(Stored items)
┏━━

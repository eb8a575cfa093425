-- ===== src/Pool/Load/Second.antt =====
-- src/pool/pool.go, `Load` while a refresh worker holds an account.
use business2api.Base.{ℕ, ◌<◌, ◌≡◌, ◌≢◌, false, [], ◌∷◌, none, some, arith, null}
use business2api.Pool.Account.{AccountData, Settings}
use business2api.Pool.State.{AccountPool}
use business2api.Pool.Jwt.{Codecs}
use business2api.Pool.Worker.{Disk}
use business2api.Pool.Queues.Moves.{queued}
use business2api.Pool.Load.{
  load, load_files, load_file, read_file, add_new, account_of_data, csesidx_of,
  should_skip_account_file, known_in,
}

module _ (lib : Codecs) (s : Settings) where
  -- When no queued account has the path of the account `p`, as while a worker holds `p`, `Load` makes
  -- a second account for its file and queues it, besides `p`, which the worker still returns.
  pub load-second_account :
      (disk : Disk) (pool : AccountPool) (p : ℕ) (d : AccountData)
      → p < pool.next_pointer
      → known_in lib s pool (pool.heap p).file_path ≡ none
      → should_skip_account_file (pool.heap p).file_path ≡ false
      → disk (pool.heap p).file_path ≡ some d
      → null (csesidx_of lib s d) ≡ false
      → let loaded = load lib s disk ((pool.heap p).file_path ∷ []) pool in
        (queued pool.next_pointer loaded ≡ 1)
        × ((loaded.heap pool.next_pointer).file_path ≡ (loaded.heap p).file_path)
        × (pool.next_pointer ≢ p)
  unfolding load load_files load_file read_file add_new account_of_data
  load-second_account disk pool p d below unknown reads content named =
      rw (reads, unknown, content, named) (ground arith, ground arith, λ e. omega arith)
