-- ===== src/Pool/Load/Tests.antt =====
-- `Load` of src/pool/pool.go on small directories, and the theorems at concrete inputs.
use business2api.Base.{◌≤◌, ◌≡◌, refl, List, [], ◌∷◌, some, arith}
use business2api.Text.{Text, codes, eqb, split_on, lower_ascii}
use business2api.Pool.Worker.{Disk}
use business2api.Pool.Queues.Moves.{queued}
use business2api.Pool.Load.{
  load, load_files, load_file, keep_known, read_file, add_new, csesidx_of, should_skip_account_file,
  known_of, base_name, fold,
}
use business2api.Pool.Load.Once.{load-queued}
use business2api.Pool.Samples.{settings, pool_of, data_of, codecs}

-- Two files: the first belongs to account 0, the second to no account yet.
abbrev files : List Text
files = codes "a" ∷ codes "n" ∷ codes "Admin_Panel_Auth.json" ∷ []

abbrev disk : Disk
disk path = some (data_of path)

loaded_new : (load codecs settings disk files (pool_of (0 ∷ []) [])).pending_accounts ≡ 9 ∷ []
unfolding load load_files load_file keep_known read_file add_new csesidx_of should_skip_account_file
    known_of base_name fold lower_ascii split_on eqb
loaded_new = refl

load-queued_example : queued 1 (load codecs settings disk files (pool_of (1 ∷ 2 ∷ []) (1 ∷ []))) ≤ 1
load-queued_example =
    load-queued codecs settings disk files (pool_of (1 ∷ 2 ∷ []) (1 ∷ [])) (λ p h. ground arith) 1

┗━━

Exercise brief: Taking the line with "-- a second" as the first and the line with "load-second_account disk pool" as the last, retype that stretch of the data above exactly, with no other lines.

Solution to this exercise:
  -- a second account for its file and queues it, besides `p`, which the worker still returns.
  pub load-second_account :
      (disk : Disk) (pool : AccountPool) (p : ℕ) (d : AccountData)
      → p < pool.next_pointer
      → known_in lib s pool (pool.heap p).file_path ≡ none
      → should_skip_account_file (pool.heap p).file_path ≡ false
      → disk (pool.heap p).file_path ≡ some d
      → null (csesidx_of lib s d) ≡ false
      → let loaded = load lib s disk ((pool.heap p).file_path ∷ []) pool in
        (queued pool.next_pointer loaded ≡ 1)
        × ((loaded.heap pool.next_pointer).file_path ≡ (loaded.heap p).file_path)
        × (pool.next_pointer ≢ p)
  unfolding load load_files load_file read_file add_new account_of_data
  load-second_account disk pool p d below unknown reads content named =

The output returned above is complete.